Witam po majówce spędzonej częściowo na lekturze forum
Aby być bliżej realizacji planu wyjazdu do CRO, poodwoływałam już na bookingu kilka weekendowych rezerwacji, które miałam zrealizować latem. Teraz już mam przynajmniej pewność, że na nic "niepotrzebnego" w międzyczasie nie wydam i choć do połowy sierpnia jeszcze kupa czasu, to jest już na co czekać
Oczywiście im więcej czytałam na forum, tym w większe zakłopotanie wpadłam i dalej jestem jakby w punkcie wyjścia
Pewne nadal pozostaje, że w sumie mam 14 dni wolnego, z czego 10-12 chciałabym spędzić w CRO (10 nad morzem).
Na razie idę dwoma torami. Jeden mówi mi, że powinnam poznać nowe miesca i zanocować gdzieś, gdzie nas nie było. I tu z rekomendacji znajomych i częścowo forum, rozważam m.in. Primošten, Gradac i Omiš.
Drugi tor z kolei ciągnie mnie mocno w miejsca, gdzie byliśmy 12 lat temu. I tu w grę wchodziłby podział urlopu na połowę w Baškiej Vodzie i połowę aż w Cavtat...
Tak, zdaję sobie sprawę, że w takim przypadku mowa już o innym budżecie, ale nadal pracuję na tym
No i do Cavtat z przyjemnością jechalibyśmy Jadranką.

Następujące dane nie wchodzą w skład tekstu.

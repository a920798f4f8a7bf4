-- ===== src/Ratelimiter/Limiter/Wait.antt =====
-- The waiting loop and the separation of keys.
use v_exchanges.Prelude.{
  ℕ, ◌+◌, ◌-◌, ◌≤◌, ◌≡◌, ◌≢◌, refl, inl, inr, some, List, [], ◌∷◌, true, Result, err, Eq, insert,
  insert_other, insert_self, beq-ne, arith,
}
use v_exchanges.Ratelimiter.Nanos.{Nanos, Duration}
use v_exchanges.Ratelimiter.Quota.{Quota}
use v_exchanges.Ratelimiter.Clock.{Attempt}
use v_exchanges.Ratelimiter.Gcra
use v_exchanges.Ratelimiter.Gcra.{Gcra, NotUntil, wait_time_from}
use v_exchanges.Ratelimiter.StateStore.{measure_and_replace}
use v_exchanges.Ratelimiter.Limiter.{
  RateLimiter, governing, check_key_n, until_key_ready_n, add_quota_for_key,
}
use v_exchanges.Ratelimiter.Limiter.Check.{IsServed, check_outcome, refused_then_ready}

module _ {K : Type 0} ⦃e : Eq K⦄ where
  -- The wait ends: if each sleep lasts as long as it was asked to, and nobody else uses the key,
  -- the loop finds the key ready in the first round or in the second.
  pub until_key_ready_ends :
      (rl : RateLimiter K) (key : K) (n : ℕ) (g : Gcra) (horizon : ℕ) (now now' back back' : Nanos)
      → IsServed rl key n g horizon
      → now - rl.start ≤ horizon
      → back - rl.start ≤ horizon
      → ((until : NotUntil) (rl' : RateLimiter K)
          → check_key_n rl key n [] now ≡ some (err until, rl')
          → now' + wait_time_from until now' ≤ back)
      → (sleeps : List Duration) × (rl'' : RateLimiter K) × (until_key_ready_n
            ((now, now') ∷ (back, back') ∷ [])
            rl
            key
            n
          ≡ some (true, sleeps, rl''))
  unfolding until_key_ready_n
  until_key_ready_ends rl key n g horizon now now' back back' served h h' slept =
      elim (check_outcome rl key n g horizon now served h) [
        | inl (rl', p) ↦ ([], rl', rw (p, until_key_ready_n) refl)
        | inr (until, rl', p) ↦
            (let (rl'', q) =
                refused_then_ready rl key n g horizon now now' back until rl' served h h' p
                  (slept until rl' p) in
              (
                wait_time_from until now' ∷ [],
                rl'',
                rw (p, until_key_ready_n) (rw (q, until_key_ready_n) refl),
              ))
      ]

  -- A check of one key leaves the state of every other key, all quotas and the start as they were,
  -- whatever interferes.
  pub check_key_n_others :
      (rl rl' : RateLimiter K) (key other : K) (n : ℕ) (attempts : List Attempt) (now : Nanos)
      (r : Result NotUntil (Unit {0}))
      → other ≢ key
      → check_key_n rl key n attempts now ≡ some (r, rl')
      → (rl'.state other ≡ rl.state other)
        × (governing rl' other ≡ governing rl other)
        × (rl'.start ≡ rl.start)
  unfolding check_key_n measure_and_replace
  check_key_n_others rl rl' key other n attempts now r h p =
      let apart = beq-ne other key h in ground arith

  -- A new quota governs its key from then on; it touches no other key, and no state.
  pub add_quota_for_key-governs :
      (rl : RateLimiter K) (key other : K) (q : Quota) (g : Gcra)
      → Gcra.new q ≡ some g
      → other ≢ key
      → (rl' : RateLimiter K) × (add_quota_for_key key q rl ≡ some rl')
        × (governing rl' key ≡ some g)
        × (rl'.state ≡ rl.state)
        × (governing rl' other ≡ governing rl other)
  unfolding add_quota_for_key
  add_quota_for_key-governs rl key other q g p h = (
    record rl { gcra = insert key g rl.gcra },
    rw p,
    rw (insert_self key g rl.gcra, governing),
    refl,
    rw (insert_other key other g rl.gcra h, governing),
  )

12 lat temu byliśmy w Baškiej V., moim zdaniem w bardzo fajnej i spokojnej okolicy na ul. Zagradina (to już bliżej Breli). Widok z balkonu mieliśmy absolutnie boski (3 i 4 rząd zdjęć:
http://www.pbase.com/corrina/baska_voda&page=all ) - z daleka od głównej plaży a więc hałasu, cisza, spokój, dużo fig w ogrodzie
Było trochę po schodach ale nie przeszkadzało to w niczym. Mam wciąż namiary na panią, u której wynajmowaliśmy.
Po tygodniu przenieśliśmy się spontanicznie do Cavtat i tam podobało nam się jeszcze bardziej! A widok z balkonu był jeszcze lepszy
(np. taki :
http://www.pbase.com/corrina/image/67203698 )
Cavtat był cudowną bazą dla Dubrownika i Kotoru. I prawdę mówiąc, bardzo mnie korci, aby taką konfigurację miejsc powtórzyć...Szczególnie do tej Czarnogóry mi się chce wyskoczyć
No ale oczywiście zastanawiam się poważnie, czy jest sens wchodzić dwa razy do tej samej rzeki. Szczególnie po 12 latach.. Raz pojechałam do Krynicy Morskiej po 20 latach, mając w pamięci najwspanialsze wspomnienia z dzieciństwa i zderzenie z rzeczywistością okazało się bardzo bolesne...
Myślę, że w CRO to raczej nie powinno się wydarzyć, ale kto wie, jednak trochę nas nie było...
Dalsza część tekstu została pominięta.